In my previous post on this topic, we looked at the continuing urgency around fraud and financial crime, and explored some core elements firms can establish to be more effective in meeting new sanctions requirements.

That leaves us with a question:

What still needs to be done?

Whilst most firms have coped well with the additional pressures from the Ukrainian and Russian situation1, the fallout has challenged resources and systems; providers that were already struggling will definitely be working at their limits.

Firms should consider the following:

  • Systems and automation: Firms should automate and systemise wherever possible. Just as sanctions regulations have gotten smarter, systems should evolve to keep up with regulatory requirements. Firms should evaluate whether they have the correct technology in place, and if not, which vendor they should be using to increase efficiency.

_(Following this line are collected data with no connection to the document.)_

-- ===== src/G301/Registers.antt =====
-- app/g301_adapter/registers.py: addresses, modes, and the codecs of register values. A raw register
-- value is a natural number below 2 ^ 16; a bit is read by division.
pub mod Codec
use clock_ha_orchestrator.Prelude.{
  ℕ, ◌+◌, ◌-◌, ◌*◌, ◌/◌, ◌%◌, ◌^◌, Bool, true, false, not, ◌&&◌, ◌||◌, Option, none, some, List, [],
  ◌∷◌, String, ltb, leb, ◌==◌, if◌then◌else◌, select, map,
}
use clock_ha_orchestrator.Prelude.Int.{ℤ, pos, negsuc}
use clock_ha_orchestrator.Prelude.Results.{Result, ok, err, ◌>>=◌, ◌>>◌, raise_if}
use clock_ha_orchestrator.Domain.Enums.{ManualHvacMode}
use clock_ha_orchestrator.Domain.Temperature.{Float, at_most, degrees}

-- The `ValueError`s of the adapter.
pub data CodecError : Type 0 where
  unsupported_limitation invalid_lower_limit invalid_upper_limit crossed_limits : CodecError
  set_temperature_range ambient_temperature_range : CodecError

pub data G301Mode : Type 0 where
  cool dry fan heat auto : G301Mode

-- `int(mode)`
abbrev pub mode_value : G301Mode → ℕ
mode_value G301Mode.cool = 1
mode_value G301Mode.dry = 2
mode_value G301Mode.fan = 3
mode_value G301Mode.heat = 4
mode_value G301Mode.auto = 5

pub data G301ModeLimitation : Type 0 where
  no_limitation heat_prohibited cool_dry_prohibited : G301ModeLimitation

-- `G301ModeLimitation(raw)`
abbrev pub limitation_of : ℕ → Result CodecError G301ModeLimitation
limitation_of raw =
    if raw == 0
    then ok no_limitation
    else if raw == 1
    then ok heat_prohibited
    else if raw == 2
    then ok cool_dry_prohibited
    else err unsupported_limitation

pub record G301Capabilities : Type 0 where
  pub up_down_swing : Bool
  pub left_right_swing : Bool
  pub electric_aux_heating : Bool
  pub self_cleaning : Bool
  pub gentle_breeze : Bool
  pub energy_saving : Bool
  pub health : Bool
  pub access_control : Bool

pub record G301DeviceProfile : Type 0 where
  pub capabilities : G301Capabilities
  pub mode_limitation : G301ModeLimitation
  pub lower_temperature_c : Float
  pub upper_temperature_c : Float

pub record G301Fault : Type 0 where
  pub bit : ℕ
  pub code : Option String
  pub description : String

-- `bool(value & (1 << bit))`
unfoldable pub is_bit_set : ℕ → ℕ → Bool
is_bit_set value bit = value / 2 ^ bit % 2 == 1

unfoldable pub parse_capabilities : ℕ → G301Capabilities
unfolding is_bit_set
parse_capabilities raw = record {
  up_down_swing = is_bit_set raw 0;
  left_right_swing = is_bit_set raw 1;
  electric_aux_heating = is_bit_set raw 2;
  self_cleaning = is_bit_set raw 3;
  gentle_breeze = is_bit_set raw 4;
  energy_saving = is_bit_set raw 5;
  health = is_bit_set raw 6;
  access_control = is_bit_set raw 7;
}

-- The order of the parameters is that of the three registers: limitation, upper, lower.
unfoldable pub build_device_profile : ℕ → ℕ → ℕ → ℕ → Result CodecError G301DeviceProfile
build_device_profile capabilities_raw mode_limitation_raw upper_raw lower_raw = do
  mode_limitation ← limitation_of mode_limitation_raw
  raise_if (not (leb 16 lower_raw && leb lower_raw 25)) invalid_lower_limit
  raise_if (not (leb 26 upper_raw && leb upper_raw 31)) invalid_upper_limit
  raise_if (ltb upper_raw lower_raw) crossed_limits
  ok (record {
    capabilities = parse_capabilities capabilities_raw;
    mode_limitation = mode_limitation;
    lower_temperature_c = degrees lower_raw;
    upper_temperature_c = degrees upper_raw;
  })

-- The entries of `INDOOR_FAULTS`, in their order.
abbrev pub indoor_faults : List G301Fault
indoor_faults =
    record { bit = 15; code = some "E6"; description = "interior fan malfunction" }
    ∷ record { bit = 14; code = some "d4"; description = "water full fault" }
    ∷ record { bit = 13; code = some "PA"; description = "mode conflict" }
    ∷ record { bit = 12; code = some "Fu"; description = "anti-freeze protection" }
    ∷ record { bit = 11; code = some "b5"; description = "interior fan drive failure" }
    ∷ record {
      bit = 10;
      code = some "Eb";
      description = "communication failure between main control board and display screen";
    }
    ∷ record {
      bit = 9;
      code = some "E0";
      description = "communication failure between indoor and outdoor units";
    }
    ∷ record { bit = 8; code = some "E1"; description = "ambient temperature sensor fault" }
    ∷ record { bit = 7; code = none; description = "reserved fault bit 7" }
    ∷ record { bit = 6; code = some "E2"; description = "middle tube temperature sensor fault" }
    ∷ record { bit = 5; code = none; description = "reserved fault bit 5" }
    ∷ record { bit = 4; code = none; description = "reserved fault bit 4" }
    ∷ record { bit = 3; code = none; description = "reserved fault bit 3" }
    ∷ record { bit = 2; code = none; description = "EEPROM communication failure" }
    ∷ record { bit = 1; code = none; description = "reserved fault bit 1" }
    ∷ record { bit = 0; code = none; description = "capacity DIP switch malfunction" }
    ∷ []

unfoldable pub decode_indoor_faults : ℕ → List G301Fault
unfolding is_bit_set
decode_indoor_faults raw = select (λ f. is_bit_set raw f.bit) indoor_faults

-- `round(n / d)` of Python: to the nearest, and a tie to the even neighbour.
abbrev pub round_half_even : ℕ → ℕ → ℕ
round_half_even n d =
    if ltb (n % d * 2) d then n / d else if ltb d (n % d * 2) then n / d + 1 else n / d + n / d % 2

-- `int(round(value * 10))` of a value in thousandths; the callers have excluded the other values.
abbrev pub tenths : Float → ℕ
tenths (Float.fin (pos n)) = round_half_even n 100
tenths _ = 0

unfoldable pub encode_set_temperature_c : Float → Result CodecError ℕ
encode_set_temperature_c value =
    if at_most (degrees 16) value && at_most value (degrees 31)
    then ok (tenths value)
    else err set_temperature_range

unfoldable pub decode_set_temperature_c : ℕ → Float
decode_set_temperature_c raw = Float.fin (pos (raw * 100))

unfoldable pub encode_ifeel_ambient_temperature_c : Float → Result CodecError ℕ
encode_ifeel_ambient_temperature_c value =
    if at_most (degrees 0) value && at_most value (degrees 50)
    then ok (tenths value + 1000)
    else err ambient_temperature_range

-- `(raw - 1000) / 10.0`, which is negative below 1000.
unfoldable pub decode_offset_temperature_c : ℕ → Float
decode_offset_temperature_c raw =
    if leb 1000 raw
    then Float.fin (pos ((raw - 1000) * 100))
    else Float.fin (negsuc ((1000 - raw) * 100 - 1))

abbrev pub mode_from_hvac_mode : ManualHvacMode → Option G301Mode
mode_from_hvac_mode ManualHvacMode.off = none
mode_from_hvac_mode ManualHvacMode.heat = some G301Mode.heat
mode_from_hvac_mode ManualHvacMode.cool = some G301Mode.cool
mode_from_hvac_mode ManualHvacMode.auto = some G301Mode.auto
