-- ===== src/Policy/Engine.antt =====
-- app/policy/engine.py: from the evaluation of a room to the desired intent. The correlation id is
-- the one that the caller passes, or else the fresh one that pydantic's default makes.
pub mod Safety
pub mod Totality
use clock_ha_orchestrator.Prelude.{
  ℕ, Bool, true, false, not, ◌&&◌, ◌||◌, Option, none, some, String, if◌then◌else◌,
}
use clock_ha_orchestrator.Prelude.Results.{Result, ok, err, ◌>>=◌, ◌>>◌}
use clock_ha_orchestrator.Domain.Enums.{
  AutomationPhase, ControlMode, ManualHvacMode, is_off, is_manual_override,
}
use clock_ha_orchestrator.Domain.Time.{DateTime}
use clock_ha_orchestrator.Domain.Temperature.{Float}
use clock_ha_orchestrator.Domain.Models.{
  ValueError, HotelPolicy, ManualOverride, HvacIntent, validate_hvac_state, DesiredRoomIntent,
  validate_intent, RoomStateEvaluation, clamp_temperature,
}

-- `phase in SUPPRESS_AUTOMATION_PHASES`
abbrev pub is_suppressed : AutomationPhase → Bool
is_suppressed AutomationPhase.awaiting_assignment = true
is_suppressed AutomationPhase.conflict = true
is_suppressed AutomationPhase.disabled = true
is_suppressed AutomationPhase.unknown = true
is_suppressed _ = false

-- `HvacIntent(enabled=..., mode=..., target_temperature_c=...)`
abbrev pub hvac_intent : Bool → ManualHvacMode → Option Float → Result ValueError HvacIntent
hvac_intent enabled mode target =
    validate_hvac_state (record { enabled = enabled; mode = mode; target_temperature_c = target })

unfoldable pub build_intent :
    RoomStateEvaluation
    → String
    → ControlMode
    → HvacIntent
    → Bool
    → Bool
    → String
    → ℕ
    → Result ValueError DesiredRoomIntent
unfolding validate_intent
build_intent state room_key control_mode hvac water_heater convectors reason correlation_id =
    validate_intent (record {
      room_key = room_key;
      intent_version = 1;
      automation_phase = state.phase;
      control_mode = control_mode;
      effective_from = state.effective_from;
      expires_at = state.expires_at;
      hvac = hvac;
      water_heater = water_heater;
      convectors = convectors;
      reason = reason;
      correlation_id = correlation_id;
    })

-- `policy.automation.clamp_temperature(t) if t is not None else None`
abbrev pub clamp_optional : HotelPolicy → Option Float → Option Float
clamp_optional policy none = none
clamp_optional policy (some t) = some (clamp_temperature policy.automation t)

-- `bool(value)` of a `bool | None`
abbrev pub is_true : Option Bool → Bool
is_true none = false
is_true (some b) = b

-- The branch of an active manual override.
unfoldable pub override_intent :
    RoomStateEvaluation
    → String
    → HotelPolicy
    → ManualOverride
    → ℕ
    → Result ValueError DesiredRoomIntent
unfolding build_intent validate_hvac_state
override_intent state room_key policy o correlation_id = do
  hvac ←
      hvac_intent (not (is_off o.hvac_mode)) o.hvac_mode
        (clamp_optional policy o.target_temperature_c)
  build_intent state room_key o.control_mode hvac (is_true o.water_heater_enabled)
      (not (is_off o.hvac_mode)) state.reason correlation_id

-- The intent that turns everything off.
unfoldable pub suppressed_intent :
    RoomStateEvaluation → String → String → ℕ → Result ValueError DesiredRoomIntent
unfolding build_intent validate_hvac_state
suppressed_intent state room_key reason correlation_id = do
  hvac ← hvac_intent false ManualHvacMode.off none
  build_intent state room_key ControlMode.off hvac false false reason correlation_id

-- The automatic branches, by phase.
unfoldable pub automatic_intent :
    AutomationPhase
    → RoomStateEvaluation
    → String
    → HotelPolicy
    → ℕ
    → Result ValueError DesiredRoomIntent
unfolding build_intent validate_hvac_state suppressed_intent
automatic_intent AutomationPhase.vacant state room_key policy correlation_id = do
  hvac ← hvac_intent true ManualHvacMode.heat (some policy.automation.vacant_heating_setback_c)
  build_intent state room_key ControlMode.automatic hvac false false state.reason correlation_id
automatic_intent AutomationPhase.pre_arrival state room_key policy correlation_id = do
  hvac ← hvac_intent true ManualHvacMode.heat (some policy.automation.default_heating_target_c)
  build_intent state room_key ControlMode.automatic hvac
      policy.automation.turn_on_water_heater_pre_arrival
      policy.automation.enable_convectors_pre_arrival state.reason correlation_id
automatic_intent AutomationPhase.reserved state room_key policy correlation_id = do
  hvac ← hvac_intent false ManualHvacMode.off none
  build_intent state room_key ControlMode.automatic hvac false false state.reason correlation_id
automatic_intent AutomationPhase.occupied state room_key policy correlation_id = do
  hvac ←
      hvac_intent true ManualHvacMode.auto
        (some (clamp_temperature policy.automation policy.automation.default_heating_target_c))
  build_intent state room_key ControlMode.automatic hvac true true state.reason correlation_id
automatic_intent AutomationPhase.checkout_due state room_key policy correlation_id = do
  hvac ←
      hvac_intent true ManualHvacMode.auto
        (some (clamp_temperature policy.automation policy.automation.default_heating_target_c))
  build_intent state room_key ControlMode.automatic hvac true true state.reason correlation_id
automatic_intent _ state room_key policy correlation_id =
    suppressed_intent state room_key "unhandled_phase_suppressed" correlation_id

-- The branches in the order of the source: suppressed phases, then the automatic ones.
unfoldable pub policy_intent :
    RoomStateEvaluation → String → HotelPolicy → ℕ → Result ValueError DesiredRoomIntent
unfolding suppressed_intent automatic_intent
policy_intent state room_key policy correlation_id =
    if is_suppressed state.phase
    then suppressed_intent state room_key state.reason correlation_id
    else automatic_intent state.phase state room_key policy correlation_id

-- `state.phase == MANUAL_OVERRIDE and override is not None`, and its else.
unfoldable pub intent_for_room :
    RoomStateEvaluation
    → String
    → HotelPolicy
    → Option ManualOverride
    → ℕ
    → Result ValueError DesiredRoomIntent
unfolding policy_intent override_intent
intent_for_room state room_key policy none correlation_id =
    policy_intent state room_key policy correlation_id
intent_for_room state room_key policy (some o) correlation_id =
    if is_manual_override state.phase
    then override_intent state room_key policy o correlation_id
    else policy_intent state room_key policy correlation_id

unfoldable pub derive_room_intent :
    RoomStateEvaluation
    → HotelPolicy
    → Option ManualOverride
    → ℕ
    → Result ValueError (Option DesiredRoomIntent)
unfolding intent_for_room
derive_room_intent state policy override correlation_id = elim state.room_key [
  | none ↦ ok none
  | some room_key ↦ (do
    intent ← intent_for_room state room_key policy override correlation_id
    ok (some intent))
]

This is especially important when considering the constant pressure providers face around cutting costs, particularly when resourcing may not be as large in the future.
  • Training and knowledge: Key to implementing effective controls is both strong financial crime knowledge and strong product knowledge. Embedding learnings from the Russian and Ukrainian crisis is essential in my view for dealing efficiently with any future follow up rounds or other regions targeted.

The regulatory focus on sanctions is not expected fade, and neither will the cost pressures that all firms face to deliver a good return. By learning from past challenges and implementing changes, financial providers will be in a better position to manage this complex area.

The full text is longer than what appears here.